# Erfahrung mit No. 0190-080805 / Talkline / Q1



## plato (20 September 2004)

Hallo, 

meine Abzock-Erfahrung lief über die Nummer 0190-080805. Verbindungszeitpunkt am Dez. 2002. Habe nicht bezahlt und demnächst die Gerichtsverhandlung. 

Anwalt der Gegenseite: Kanzlei (...) / Darmstadt

Kläger: intrum justitia Inkasso / Darmstadt in Vertretung von Talkline GmbH

Verbindung über Nummer: 0190-080805

Inhaber der Nummer lt. Talkline: 
Q1 Deutschland AG
Speditionsstr. 13a
40221 Düsseldorf

Email-Adresse des Anbieters: hardcore [email protected]  / diese Adresse ist auch in Systemkonfiguration/Autostart installiert / habe sie deaktiviert und darüber einen Screenshot verfügbar. Im deaktivierten Zustand noch in meinem PC vorhanden.


Verbindungszeitpunkt: Dez. 2002

Ich bin an Informationsaustausch mit in ähnlicher Weise Betroffenen (zeitnah zum o.g. Datum) interessiert. Gibt es eine Stelle, wo die einschlägigen Nummern und Anbieter zentral gespeichert werden, so daß man Kontakt zu den Leuten aufnehmen kann?

Gruss
Plato


----------



## TSCoreNinja (20 September 2004)

Schau mal hier, Elfe303 hat ganz was aehnliches mitgemacht:
http://forum.computerbetrug.de/viewtopic.php?p=64573&highlight=0190080805#64573

BTW, kein Vorwurf, aber die Suche ist was tolles, draufklicken, 0190080805 eingeben, und man hat 5 weitere Artikel zur Rufnummer 

Gr,
TSCN


----------



## Anonymous (20 September 2004)

plato schrieb:
			
		

> Inhaber der Nummer lt. Talkline:
> Q1 Deutschland AG
> Speditionsstr. 13a
> 40221 Düsseldorf


uiiii, die Q1AG? Da wo Gangsterbräute und Gauner ihr Unwesen treiben? Liebe mods, keine Panik, das ist ein Zitat von deren homepage:

http://www.ok-animals.de/download/pressemeldungen.php
http://www.ok-max.de/download/pressemeldungen.php
--> "Die große Sommerparty der Q1..."
(Leider darf ich von dort nichts kopieren, wie schade)

In ein paar Tagen, wie passend: Das Sommerfest mit karibischen Klängen und exotischen Leckerbissen! 
http://www.ok-animals.de/home/editorial.php
"Aktuelle News"


----------



## KatzenHai (21 September 2004)

Ich darf auch auf meine beiden Fälle hinweisen, gleiche Beteiligte:

Intrum Justitia aus abgetretenem Recht und das Folgeverfahren 
Negative Feststellungsklage wg. Klagerücknahme Intrum/TL

Ein bisschen längerer Text, aber - so sagen viele - lesenswert ...


----------



## littlebird's prompter (21 September 2004)

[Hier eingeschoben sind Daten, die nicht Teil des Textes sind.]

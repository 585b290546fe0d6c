-- ===== src/RpcQueue/View.antt =====
-- The abstract view of the shared rings: which notifies exist, whose processes are offered as
-- idle, and which tasks wait at which notify.
use nginx_rpc.Common.{ℕ, ◌≡◌, ◌≢◌, Bool, true, All, List, [], ◌∷◌, ◌++◌, map, NotIn, Apart, put}
use nginx_rpc.Ring.{Node, Links, idles, idle, head, task}
use nginx_rpc.Ring.Chain.{IsRing}
use nginx_rpc.Ring.Frame.{SameOutside, IsRing-frame}
use nginx_rpc.Memory.Macros.{NotIn-tasks}
use nginx_rpc.Notify.Fifo.{Pending}

pub record View : Type 0 where
  pub live : ℕ → Bool
  pub idle : List ℕ
  pub pending : ℕ → List ℕ

-- The pointers hold the view: every ring in its order, and no task in two rings.
pub record Represents (l : Links) (v : View) : Type 0 where
  pub idle_ring : IsRing l idles (map idle v.idle)
  pub idle_live : All (λ n. v.live n ≡ true) v.idle
  pub pending_ring : (n : ℕ) → v.live n ≡ true → Pending l n (v.pending n)
  pub unshared : (n k : ℕ) → n ≢ k → Apart (v.pending n) (v.pending k)

-- The task waits nowhere.
abbrev pub Unplaced : ℕ → View → Type 0
Unplaced t v = (n : ℕ) → NotIn t (v.pending n)

-- The changes that the calls make to a view.
abbrev pub enqueue : ℕ → ℕ → View → View
enqueue n t v = record v { pending = put v.pending n (v.pending n ++ t ∷ []) }

abbrev pub dequeue : ℕ → List ℕ → View → View
dequeue n ts v = record v { pending = put v.pending n ts }

abbrev pub with_idle : List ℕ → View → View
with_idle ns v = record v { idle = ns }

-- Nodes of different kinds, or of different structs, are apart.
pub NotIn-task_nodes : (a : Node) (ts : List ℕ) → ((t : ℕ) → a ≢ task t) → NotIn a (map task ts)
NotIn-task_nodes a [] ne = tt
NotIn-task_nodes a (t ∷ ts) ne = (ne t, NotIn-task_nodes a ts ne)

pub NotIn-idle_nodes : (a : Node) (ns : List ℕ) → ((n : ℕ) → a ≢ idle n) → NotIn a (map idle ns)
NotIn-idle_nodes a [] ne = tt
NotIn-idle_nodes a (n ∷ ns) ne = (ne n, NotIn-idle_nodes a ns ne)

pub NotIn-idles : (n : ℕ) (ns : List ℕ) → NotIn n ns → NotIn (idle n) (map idle ns)
NotIn-idles n [] out = tt
NotIn-idles n (k ∷ ns) out = ((λ e. out.0 (idle-injective e)), NotIn-idles n ns out.1)
  where
    idle-injective : {a b : ℕ} → idle a ≡ idle b → a ≡ b
    idle-injective e = cc

pub Apart-map-idle :
    (ns : List ℕ) (ws : List Node) → ((n : ℕ) → NotIn (idle n) ws) → Apart (map idle ns) ws
Apart-map-idle [] ws out = tt
Apart-map-idle (n ∷ ns) ws out = (out n, Apart-map-idle ns ws out)

pub Apart-map-task :
    (ts us : List ℕ) (ws : List Node)
    → Apart ts us
    → ((t : ℕ) → NotIn t us → NotIn (task t) ws)
    → Apart (map task ts) ws
Apart-map-task [] us ws apart out = tt
Apart-map-task (t ∷ ts) us ws apart out = (out t apart.0, Apart-map-task ts us ws apart.1 out)

-- The idle ring is apart from what a change of notify `n`'s ring writes.
pub idle-frame :
    {l l' : Links} (ns : List ℕ) (n : ℕ) (ts : List ℕ)
    → SameOutside (head n ∷ map task ts) l l'
    → IsRing l idles (map idle ns)
    → IsRing l' idles (map idle ns)
idle-frame ns n ts same r =
    IsRing-frame (head n ∷ map task ts) same
      (
        ((λ e. cc), NotIn-task_nodes idles ts (λ t e. cc)),
        Apart-map-idle ns (head n ∷ map task ts)
            (λ k. ((λ e. cc), NotIn-task_nodes (idle k) ts (λ t e. cc))),
      )
      r

-- So is the ring of another notify whose tasks are others.
pub Pending-frame :
    {l l' : Links} {us : List ℕ} (n k : ℕ) (ts : List ℕ)
    → SameOutside (head n ∷ map task ts) l l'
    → k ≢ n
    → Apart us ts
    → Pending l k us
    → Pending l' k us
Pending-frame {us} n k ts same ne apart r = record {
  ring =
      IsRing-frame (head n ∷ map task ts) same
        (
          ((λ e. ne (head-injective e)), NotIn-task_nodes (head k) ts (λ t e. cc)),
          Apart-map-task us ts (head n ∷ map task ts) apart
              (λ t out. ((λ e. cc), NotIn-tasks t ts out)),
        )
        r.ring;
}
  where
    head-injective : {a b : ℕ} → head a ≡ head b → a ≡ b
    head-injective e = cc

-- Every pending ring is apart from what a change of the idle ring writes.
pub Pending-frame_idle :
    {l l' : Links} {k : ℕ} {us : List ℕ} (ns : List ℕ)
    → SameOutside (idles ∷ map idle ns) l l'
    → Pending l k us
    → Pending l' k us
Pending-frame_idle {k} {us} ns same r = record {
  ring =
      IsRing-frame (idles ∷ map idle ns) same
        (
          ((λ e. cc), NotIn-idle_nodes (head k) ns (λ n e. cc)),
          Apart-map-task us [] (idles ∷ map idle ns) (none_apart us)
              (λ t out. ((λ e. cc), NotIn-idle_nodes (task t) ns (λ n e. cc))),
        )
        r.ring;
}
  where
    none_apart : (xs : List ℕ) → Apart xs []
    none_apart [] = tt
    none_apart (x ∷ xs) = (tt, none_apart xs)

Meine Recherchen sind nicht ganz so gut fundiert wie die von Gal, aber ich vermute, dass die niederländische "Dutchweb24" durchaus in Deutschland verwurzelt ist. Das niederländische Handelsregister verbindet diese Firma zwar mit der erwähnten "Costra Holding" in Zeelandia, Curacao - aber die webseite der Firma (und der Dialer dort) führen zu einer anderen Adresse: nämlich  Dubloen 169, Hoorn, Rz, 1628, Netherlands - diese Adresse wurde im teltarif-Forum auch im Zusammenhang mit der "Dutchweb24" erwähnt. Würde das stimmen, wäre die niederländische Firma "MOS Media Online Service BV" sehr nahe zur Dutchweb24, diese Firma gehört jedoch offenbar zu einem großen und bekannten Flensburger Konzern (via Netcom GmbH Flensburg).
Da der Anwalt dieses Konzerns hier im Forum postet, kann er das ja gerne dementieren. Ansonsten gehe ich davon aus, dass der Flensburger Konzern nicht nur in unbekanntem Ausmaß mit Consul-Info Verbindungen hat, sondern auch an diesem Fall beteiligt ist, wie auch evtl. am Fall des 6000-Euro-Kandidaten und noch an ein paar anderen Geschichten, die ich hier aber nicht aufzählen will. Das ist eine wackelige Indizienkette, aber ich will das hier schon einmal zur Diskussion stellen, gerade weil immer noch Altlasten mit Forderungen zu kämpfen haben, deren originärer Ursprung angeblich nicht ermittelt werden kann.


----------



## Reducal (22 September 2004)

galdikas schrieb:
			
		

> ...von da an verlaufen die Spuren im Sande...



...oder nach Köln! :-?


----------



## Aka-Aka (22 September 2004)

Reducal schrieb:
			
		

> galdikas schrieb:
> 
> 
> 
> ...


Schön, dass cicojores Phantasien langsam Allgemeingut werden. Das freut diesen sehr... auch wenn ich "Düsseldorf" noch mehr bevorzuge, aber von uns aus ist das ja alles fast ein und dasselbe 

...siehe  uralt-Beitrag hier 


			
				Uraltthread schrieb:
			
		

> Was erstaunlich ist: Ich habe innerhalb der ca. 3 Monaten den Anbieter der Nummer (0190846376) ermitteln können:
> Starlux Trading S.A.
> P.O.Box 6-1693
> El Dorado,
> ...



Dieser Beitrag war vom August 2002 und wenn man drei Monate abzieht, ist man im Mai 2002. Zu diesem Zeitpunkt stand auf der homepage der "Kölner":
"Als Spaniens Nummer 1 und europaweit bedeutender Dial-in Provider, Anbieter von Micro-Payment-Systemen und Content-Station mit langjähriger Erfahrung vertreiben wir zu günstigen Konditionen alle Tools für einen erfolgreichen und professionellen Auftritt"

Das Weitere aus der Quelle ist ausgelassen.